There may be a number of tradeoffs in the design of both a scripting language and the underlying interpreter. I will attempt to address a few of them here.

## Syntax

There are many directions a person can go with syntax. Often, this ends up boiling down to one of several major alternatives:
• Traditional C-family style syntax
• Usually a specialized and often minimalistic syntax
• Pretty much everything else...

## Objects, Anyone?

Class/Instance Object Systems are pretty much the standard solution to the matter of objects, but these are not the only solution. For example, a language may use prototype objects instead, or possibly an engine-specific 'entity' type as the primary, or sole, type of compound object. Within class/instance, there is the tradeoff of single inheritance + interfaces, or the implementation of a multiple inheritance model. Single Inheritance has the advantage of being simpler to implement (since every child class simply appends its contents onto the parent class), and is "generally good enough" for comon situations. Interfaces and Default Methods can also address many of the limitations of single inheritance. Multiple Inheritance adds some possibilities, but also a lot of potential complexities, and a few "ugly issues" regarding things like language semantics. For example, what happens when a child class derives from two parents which both derive from a common parent? What happens if both parents provide an implementation of a given method? ... Prototype Objects are another possiblilty, where every object is essentially an unstructured bag of fields and methods, which may be modified freely. Instead of class inheritance, we may instead use delegation, where each object may in turn link to other objects which implement other fields and behaviors. Another option is also using class/instance, but making the ability to dynamically add fields or delegate to other objects be available as optional features.

## Static vs Dynamic Types

Static types allow superior performance, but may place limits the kinds of things which may be readily done, and by itself may require going through contortions in order to build dynamic data structures (How do you effectively build a structure which may hold several types of item if the language only ever allows a single type of item for each variable?). Dynamic Types are easier initially, and can be optimized via type-inference, but a VM using type-inference is typically more complex than one using a simplistic static type system.
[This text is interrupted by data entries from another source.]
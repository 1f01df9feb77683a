-- ===== src/Mqtt/SubList/Valid.antt =====
-- core/aiot_mqtt_api.c: no filter and no handler stands twice in the list of filters.
use aliyun_iot_arm.Prelude.{
  ℕ, ◌≡◌, sym, subst, ◌≢◌, inl, inr, Bool, none, some, List, [], ◌∷◌, ◌++◌, arith, ◌==◌, Bool-cases,
  Option-cases, Bytes, str_eq, str_eq_refl,
}
use aliyun_iot_arm.Mqtt.SubList.{
  SubHandler, SubNode, Memory, handler_replace, handlerlist_insert, handlers_with, new_sub_node,
  sublist_insert, sublist_remove, handlers_without, sublist_remove_handler,
}
use aliyun_iot_arm.Mqtt.SubList.Laws.{IsNewHandler, HandlersDistinct, IsNewTopic, IsValid}

replace-new :
    (h u k : ℕ) (nodes nodes' : List SubHandler)
    → handler_replace h u nodes ≡ some nodes'
    → IsNewHandler k nodes
    → IsNewHandler k nodes'
unfolding handler_replace
replace-new h u k [] nodes' e n = cc
replace-new h u k (node ∷ nodes) nodes' e n = elim (Bool-cases (node.handler == h)) [
  | inl same ↦
      let e' : record node { userdata = u } ∷ nodes ≡ nodes' = ground arith in
      subst (IsNewHandler k) e' (n.0, n.1)
  | inr other ↦ elim (Option-cases (handler_replace h u nodes)) [
    | inl none' ↦ absurd (ground arith)
    | inr (r, s) ↦
        let e' : node ∷ r ≡ nodes' = ground arith in
        subst (IsNewHandler k) e' (n.0, replace-new h u k nodes r s n.1)
  ]
]

replace-distinct :
    (h u : ℕ) (nodes nodes' : List SubHandler)
    → handler_replace h u nodes ≡ some nodes'
    → HandlersDistinct nodes
    → HandlersDistinct nodes'
unfolding handler_replace
replace-distinct h u [] nodes' e n = cc
replace-distinct h u (node ∷ nodes) nodes' e n = elim (Bool-cases (node.handler == h)) [
  | inl same ↦
      let e' : record node { userdata = u } ∷ nodes ≡ nodes' = ground arith in
      subst HandlersDistinct e' n
  | inr other ↦ elim (Option-cases (handler_replace h u nodes)) [
    | inl none' ↦ absurd (ground arith)
    | inr (r, s) ↦
        let e' : node ∷ r ≡ nodes' = ground arith in
        subst HandlersDistinct e'
          (replace-new h u node.handler nodes r s n.0, replace-distinct h u nodes r s n.1)
  ]
]

replace-none-new :
    (h u : ℕ) (nodes : List SubHandler) → handler_replace h u nodes ≡ none → IsNewHandler h nodes
unfolding handler_replace
replace-none-new h u [] e = tt
replace-none-new h u (node ∷ nodes) e = ground (arith, replace-none-new h u nodes)

snoc-new :
    (k : ℕ) (nodes : List SubHandler) (node : SubHandler)
    → IsNewHandler k nodes
    → node.handler ≢ k
    → IsNewHandler k (nodes ++ (node ∷ []))
snoc-new k [] node n h = (h, tt)
snoc-new k (m ∷ nodes) node n h = (n.0, snoc-new k nodes node n.1 h)

snoc-distinct :
    (nodes : List SubHandler) (node : SubHandler)
    → HandlersDistinct nodes
    → IsNewHandler node.handler nodes
    → HandlersDistinct (nodes ++ (node ∷ []))
snoc-distinct [] node d n = (tt, tt)
snoc-distinct (m ∷ nodes) node d n =
    (snoc-new m.handler nodes node d.0 (λ e. n.0 (sym e)), snoc-distinct nodes node d.1 n.1)

insert-distinct :
    (ok : Bool) (h u : ℕ) (nodes : List SubHandler)
    → HandlersDistinct nodes
    → HandlersDistinct (handlerlist_insert ok h u nodes).1
unfolding handlerlist_insert
insert-distinct ok h u nodes d = elim (Option-cases (handler_replace h u nodes)) [
  | inl n ↦ elim (Bool-cases ok) [
    | inl had ↦
        rw (n, handlerlist_insert)
          (rw had (
            snoc-distinct nodes (record { handler = h; userdata = u }) d
              (replace-none-new h u nodes n)))
    | inr lacks ↦ rw (n, handlerlist_insert) (rw lacks d)
  ]
  | inr (r, s) ↦ rw (s, handlerlist_insert) (replace-distinct h u nodes r s d)
]

with-distinct :
    (memory : Memory) (h u : ℕ) (nodes : List SubHandler)
    → HandlersDistinct nodes
    → HandlersDistinct (handlers_with memory h u nodes).1
unfolding handlers_with
with-distinct memory h u nodes d = ground (arith, insert-distinct memory.handler_ok h u nodes d)

new_sub_node-IsValid :
    (memory : Memory) (topic : Bytes) (h u : ℕ) → IsValid (new_sub_node memory topic h u).1
unfolding new_sub_node
new_sub_node-IsValid memory topic h u = ground (arith, with-distinct memory h u [] tt)

sublist_insert-new :
    (memory : Memory) (topic t : Bytes) (h u : ℕ) (nodes : List SubNode)
    → topic ≢ t
    → IsNewTopic t nodes
    → IsNewTopic t (sublist_insert memory topic h u nodes).1
unfolding sublist_insert
sublist_insert-new memory topic t h u [] ne n = unfold new_sub_node in ground arith
sublist_insert-new memory topic t h u (node ∷ nodes) ne n =
    ground (arith, sublist_insert-new memory topic t h u nodes ne n.1)

-- A subscription keeps the filters of the list distinct, and the handlers of each filter, on every
-- outcome of its allocations.
pub sublist_insert-IsValid :
    (memory : Memory) (topic : Bytes) (h u : ℕ) (nodes : List SubNode)
    → IsValid nodes
    → IsValid (sublist_insert memory topic h u nodes).1
unfolding sublist_insert
sublist_insert-IsValid memory topic h u [] v = new_sub_node-IsValid memory topic h u
sublist_insert-IsValid memory topic h u (node ∷ nodes) v =
    elim (Bool-cases (str_eq node.topic topic)) [
      | inl e ↦ rw e (with-distinct memory h u node.handle_list v.0, v.1, v.2)
      | inr e ↦ rw e (
        v.0,
        sublist_insert-new memory topic node.topic h u nodes (ground (arith, str_eq_refl topic))
            v.1,
        sublist_insert-IsValid memory topic h u nodes v.2,
      )
    ]

-- So do the two ways to unsubscribe.
sublist_remove-new :
    (topic t : Bytes) (nodes : List SubNode)
    → IsNewTopic t nodes
    → IsNewTopic t (sublist_remove topic nodes)
unfolding sublist_remove
sublist_remove-new topic t [] n = tt
sublist_remove-new topic t (node ∷ nodes) n = ground (arith, sublist_remove-new topic t nodes n.1)

-- An unsubscription keeps the filters of the list distinct, and the handlers of each filter.
pub sublist_remove-IsValid :
    (topic : Bytes) (nodes : List SubNode) → IsValid nodes → IsValid (sublist_remove topic nodes)
unfolding sublist_remove
sublist_remove-IsValid topic [] v = tt
sublist_remove-IsValid topic (node ∷ nodes) v =
    ground
      (arith, sublist_remove-new topic node.topic nodes v.1, sublist_remove-IsValid topic nodes v.2)

without-new :
    (h k : ℕ) (nodes : List SubHandler)
    → IsNewHandler k nodes
    → IsNewHandler k (handlers_without h nodes)
unfolding handlers_without
without-new h k [] n = tt
without-new h k (node ∷ nodes) n = ground (arith, without-new h k nodes n.1)

without-distinct :
    (h : ℕ) (nodes : List SubHandler)
    → HandlersDistinct nodes
    → HandlersDistinct (handlers_without h nodes)
unfolding handlers_without
without-distinct h [] d = tt
without-distinct h (node ∷ nodes) d =
    ground (arith, without-new h node.handler nodes d.0, without-distinct h nodes d.1)

remove_handler-new :
    (topic t : Bytes) (h : ℕ) (nodes : List SubNode)
    → IsNewTopic t nodes
    → IsNewTopic t (sublist_remove_handler topic h nodes)
unfolding sublist_remove_handler
remove_handler-new topic t h [] n = tt
remove_handler-new topic t h (node ∷ nodes) n =
    ground (arith, remove_handler-new topic t h nodes n.1)

-- Removing a handler from a filter keeps the filters of the list distinct, and the handlers of each
-- filter.
pub remove_handler-IsValid :
    (topic : Bytes) (h : ℕ) (nodes : List SubNode)
    → IsValid nodes
    → IsValid (sublist_remove_handler topic h nodes)
unfolding sublist_remove_handler
remove_handler-IsValid topic h [] v = tt
remove_handler-IsValid topic h (node ∷ nodes) v = ground (
  arith,
  without-distinct h node.handle_list v.0,
  remove_handler-new topic node.topic h nodes v.1,
  remove_handler-IsValid topic h nodes v.2,
)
By themselves dynamic types may introduce the problem of needing to endlessly check types at runtime (reducing performance), and may hinder the ability of the compiler to effectively detect or warn about "obvious" programming errors. While it may seem like dynamic typing eliminates the need for dealing with type issues, more often it simply shifts them from being a compile-time problem to being a run-time problem, and may in effect more serve to obscure the nature of holes or deficiencies in the type system resulting in possible problematic edge case behaviors. For a behavior to work, it either needs to exist statically (within the compiler itself) or dynamically (within the runtime). A more reasonable tradeoff may be having both, with both statically typed values, and also a 'variant' type or similar, which may implement dynamically typed semantics. A drawback of doing this is that the implementor may need to deal with some of the issues of both static and dynamic type-systems in order to make something like this work correctly. It may also require essentially implementing alternate versions of many of the same operations (such as both an operation for adding two intergers as statically-typed values, and for adding two integers as variant values). There are differences in how to best represent these type-systems as well. For example, in a VM such as the JVM, each static type is represented via a "signature", which is an ASCII representation of the type (the .NET CLR also uses signatures, but they are binary). Each primitive type may then be assigned a sequence of one or more characters, and complex types may be identified via a character-sequence followed by a qualified name for the resource. for example (partly derived from the IA64 ABI's C++ name mangling scheme):
• 'a': signed char / byte (8-bit)
• 'b': bool (8-bit, packed 1-bit)
• 'c': char (8-bit)
• 'h': unsigned char / byte (8-bit)
• 's': short (16-bit)
• 't': unsigned short (16-bit)
• 'w': char (16 bit)
• 'i': int (32-bit)
• 'j': unsigned int (32-bit)
• 'x': long long / int64
• 'y': unsigned long long / uint64
• 'n': int128 (128-bit)
• 'o': unsigned int128 (128-bit)
• 'f': float (32-bit)
• 'd': double (64-bit)
• 'g': float128 (128-bit)
• 'v': void
• ...
Then, we might run out of single lower-case letters, and start using letters like A/B/C/D/G or similar as prefixes to define additional types. Likewise, we could define complex types like:
• Uqname; Named extension type.
• Xqname; Struct or Value-Class.
• Lqname; Normal Class.
• Ptype Pointer to type.
• Rtype Reference to type.
• Qtype Unsized array to type.
• Asize;type Sized array of type.
• ...
A question would then be, what about function signatures? One nifty idea is putting the argument types in parenthesis, and a type as a suffix, for example: void foo(int x, float y); would have a signature (if)v, and void (*foo)(int x, float y) as P(if)v. A related idea is doing similar for modifier flags and attributes, which can be more flexible and extensible than the use of a fixed-size flags field, and potentially more convenient than representing things like this using explicit data structures. Granted, it may be necessary to generally unpack into flags and data-structures prior to use. For dynamic or variant types, it may be instead more useful to include the type in the value itself. One common way to do this is via tags. For example, one idea here would be to use 64 bit values, and then use the high order 4 bits as a tag, for example:
• 0, Pointer (Positive)
• 1, Integer (Positive, Fixnum)
• 2, Integer (Positive, Fixnum)
• 3, Double (Positive, Flonum)
• 4, Double (Positive, Flonum)
• 5, -
• 6, -
• 7, Subdived Tag Space.
• 8, Flonum2 (Double >>> 4)
• 9, -
• 10, -
• 11, Double (Negative, Flonum)
• 12, Double (Negative, Flonum)
• 13, Integer (Negative, Fixnum)
• 14, Integer (Negative, Fixnum)
• 15, Pointer (Negative)
In this scheme, it can be noted that pointers are very easy to convert (all valid pointer values, say, on x86 or x86-64, are also valid references of the pointer type). Most of the common Double range also maps exactly with no loss of precision (apart from very large/small values, which lose 4 bits). This also allows integer values of up to 62 bits.
This will still require use of another mechanism for identifying the type of on-heap objects.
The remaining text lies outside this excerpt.